* [INSTRUCTIONS TO FOLLOW] Only lines containing the word "filename" belong in the answer; copy each one from the records.

[Saved entries]
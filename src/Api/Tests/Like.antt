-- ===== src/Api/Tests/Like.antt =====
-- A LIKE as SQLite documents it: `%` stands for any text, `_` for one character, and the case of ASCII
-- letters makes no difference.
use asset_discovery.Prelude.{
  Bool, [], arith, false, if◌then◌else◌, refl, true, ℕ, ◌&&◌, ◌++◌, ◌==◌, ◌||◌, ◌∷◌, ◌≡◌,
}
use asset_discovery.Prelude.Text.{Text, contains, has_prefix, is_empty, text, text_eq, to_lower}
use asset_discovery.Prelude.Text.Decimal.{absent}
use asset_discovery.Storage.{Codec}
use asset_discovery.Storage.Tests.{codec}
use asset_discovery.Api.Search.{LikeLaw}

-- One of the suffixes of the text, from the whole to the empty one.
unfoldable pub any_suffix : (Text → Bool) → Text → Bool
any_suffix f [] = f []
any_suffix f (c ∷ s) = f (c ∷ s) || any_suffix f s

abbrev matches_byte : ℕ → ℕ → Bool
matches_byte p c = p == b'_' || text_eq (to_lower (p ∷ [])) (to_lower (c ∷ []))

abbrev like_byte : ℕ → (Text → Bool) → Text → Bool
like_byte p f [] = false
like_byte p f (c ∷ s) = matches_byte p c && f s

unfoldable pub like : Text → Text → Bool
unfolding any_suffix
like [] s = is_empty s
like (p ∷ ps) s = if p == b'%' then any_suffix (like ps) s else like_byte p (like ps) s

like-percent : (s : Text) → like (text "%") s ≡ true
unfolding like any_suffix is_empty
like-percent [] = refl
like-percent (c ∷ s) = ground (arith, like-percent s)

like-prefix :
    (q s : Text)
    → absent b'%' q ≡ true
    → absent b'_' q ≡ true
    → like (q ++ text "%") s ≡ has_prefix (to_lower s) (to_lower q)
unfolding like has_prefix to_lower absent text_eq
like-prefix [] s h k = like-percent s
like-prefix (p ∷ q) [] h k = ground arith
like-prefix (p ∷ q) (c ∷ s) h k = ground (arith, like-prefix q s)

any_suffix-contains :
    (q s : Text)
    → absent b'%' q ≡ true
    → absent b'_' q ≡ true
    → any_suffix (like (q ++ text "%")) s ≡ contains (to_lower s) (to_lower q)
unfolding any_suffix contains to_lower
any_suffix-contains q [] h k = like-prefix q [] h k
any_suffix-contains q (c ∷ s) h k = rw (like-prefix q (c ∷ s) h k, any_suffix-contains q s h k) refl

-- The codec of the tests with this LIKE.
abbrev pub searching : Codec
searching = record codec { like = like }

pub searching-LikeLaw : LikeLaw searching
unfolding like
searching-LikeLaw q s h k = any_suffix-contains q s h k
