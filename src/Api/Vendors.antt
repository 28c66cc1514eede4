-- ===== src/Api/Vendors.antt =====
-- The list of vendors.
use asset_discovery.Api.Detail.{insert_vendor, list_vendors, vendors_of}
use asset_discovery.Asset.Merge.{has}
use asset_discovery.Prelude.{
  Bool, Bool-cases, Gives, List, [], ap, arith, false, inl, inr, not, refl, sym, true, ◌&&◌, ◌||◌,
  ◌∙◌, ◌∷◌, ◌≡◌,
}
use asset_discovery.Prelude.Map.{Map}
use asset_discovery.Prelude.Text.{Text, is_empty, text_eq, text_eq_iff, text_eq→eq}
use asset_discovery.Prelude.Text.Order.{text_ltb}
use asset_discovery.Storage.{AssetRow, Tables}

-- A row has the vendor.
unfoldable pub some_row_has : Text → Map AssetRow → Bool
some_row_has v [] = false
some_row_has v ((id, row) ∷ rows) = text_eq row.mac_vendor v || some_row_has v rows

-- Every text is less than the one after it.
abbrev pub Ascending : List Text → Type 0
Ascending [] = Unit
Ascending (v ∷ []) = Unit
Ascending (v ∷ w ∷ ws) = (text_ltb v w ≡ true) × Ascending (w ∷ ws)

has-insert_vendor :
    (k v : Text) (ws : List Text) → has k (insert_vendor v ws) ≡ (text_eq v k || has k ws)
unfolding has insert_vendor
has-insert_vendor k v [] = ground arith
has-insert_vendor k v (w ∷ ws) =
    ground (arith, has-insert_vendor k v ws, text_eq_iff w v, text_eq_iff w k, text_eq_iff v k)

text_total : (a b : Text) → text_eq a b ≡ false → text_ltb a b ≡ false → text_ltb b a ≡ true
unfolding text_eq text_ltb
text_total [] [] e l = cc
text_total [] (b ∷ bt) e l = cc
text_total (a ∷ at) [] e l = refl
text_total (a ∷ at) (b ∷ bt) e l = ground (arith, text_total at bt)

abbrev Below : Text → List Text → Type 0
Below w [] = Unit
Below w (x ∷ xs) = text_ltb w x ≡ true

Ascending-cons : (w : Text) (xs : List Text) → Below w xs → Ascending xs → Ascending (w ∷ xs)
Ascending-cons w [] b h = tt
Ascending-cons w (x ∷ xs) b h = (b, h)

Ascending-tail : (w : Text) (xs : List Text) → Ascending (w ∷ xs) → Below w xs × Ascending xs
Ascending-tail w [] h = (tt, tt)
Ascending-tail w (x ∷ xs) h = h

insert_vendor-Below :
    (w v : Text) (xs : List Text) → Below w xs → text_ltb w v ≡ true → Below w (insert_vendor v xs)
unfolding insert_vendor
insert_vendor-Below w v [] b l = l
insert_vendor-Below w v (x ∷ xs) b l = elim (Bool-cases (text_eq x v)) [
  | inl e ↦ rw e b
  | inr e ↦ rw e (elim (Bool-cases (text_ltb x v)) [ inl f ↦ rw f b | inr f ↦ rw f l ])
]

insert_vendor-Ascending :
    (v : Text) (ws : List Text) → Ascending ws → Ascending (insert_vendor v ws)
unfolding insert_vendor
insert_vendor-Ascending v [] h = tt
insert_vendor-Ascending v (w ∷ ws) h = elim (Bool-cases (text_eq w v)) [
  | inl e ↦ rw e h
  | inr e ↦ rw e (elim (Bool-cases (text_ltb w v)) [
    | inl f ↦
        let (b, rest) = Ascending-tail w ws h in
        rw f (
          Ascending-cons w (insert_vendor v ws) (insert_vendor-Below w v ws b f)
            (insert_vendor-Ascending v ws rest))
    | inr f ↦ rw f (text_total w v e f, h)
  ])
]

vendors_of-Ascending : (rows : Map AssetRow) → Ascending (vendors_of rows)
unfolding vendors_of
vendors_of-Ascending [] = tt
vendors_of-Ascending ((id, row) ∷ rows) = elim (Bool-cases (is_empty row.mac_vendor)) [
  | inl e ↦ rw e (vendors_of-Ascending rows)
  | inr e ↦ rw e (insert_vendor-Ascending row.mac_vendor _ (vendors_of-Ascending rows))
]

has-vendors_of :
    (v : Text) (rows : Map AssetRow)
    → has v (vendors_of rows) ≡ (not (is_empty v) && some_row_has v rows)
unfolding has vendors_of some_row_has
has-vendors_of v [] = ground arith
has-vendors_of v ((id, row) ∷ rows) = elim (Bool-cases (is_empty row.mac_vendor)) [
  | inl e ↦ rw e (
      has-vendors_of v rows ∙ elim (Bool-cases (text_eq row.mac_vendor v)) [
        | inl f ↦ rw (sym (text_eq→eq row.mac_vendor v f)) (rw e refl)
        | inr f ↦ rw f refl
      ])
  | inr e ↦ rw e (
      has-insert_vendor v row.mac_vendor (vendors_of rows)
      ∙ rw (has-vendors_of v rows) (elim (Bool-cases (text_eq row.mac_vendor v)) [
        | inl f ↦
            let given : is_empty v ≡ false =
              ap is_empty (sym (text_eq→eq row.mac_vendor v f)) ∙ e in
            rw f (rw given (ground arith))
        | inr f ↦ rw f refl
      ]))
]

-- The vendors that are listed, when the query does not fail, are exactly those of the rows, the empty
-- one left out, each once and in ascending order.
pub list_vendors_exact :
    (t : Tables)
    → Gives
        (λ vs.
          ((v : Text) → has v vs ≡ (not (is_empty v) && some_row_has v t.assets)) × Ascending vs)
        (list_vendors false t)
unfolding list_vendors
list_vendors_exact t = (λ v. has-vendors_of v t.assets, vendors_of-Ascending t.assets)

* [WRITTEN ANSWER]
filename src/Api/Tests/Like.antt
filename src/Api/Vendors.antt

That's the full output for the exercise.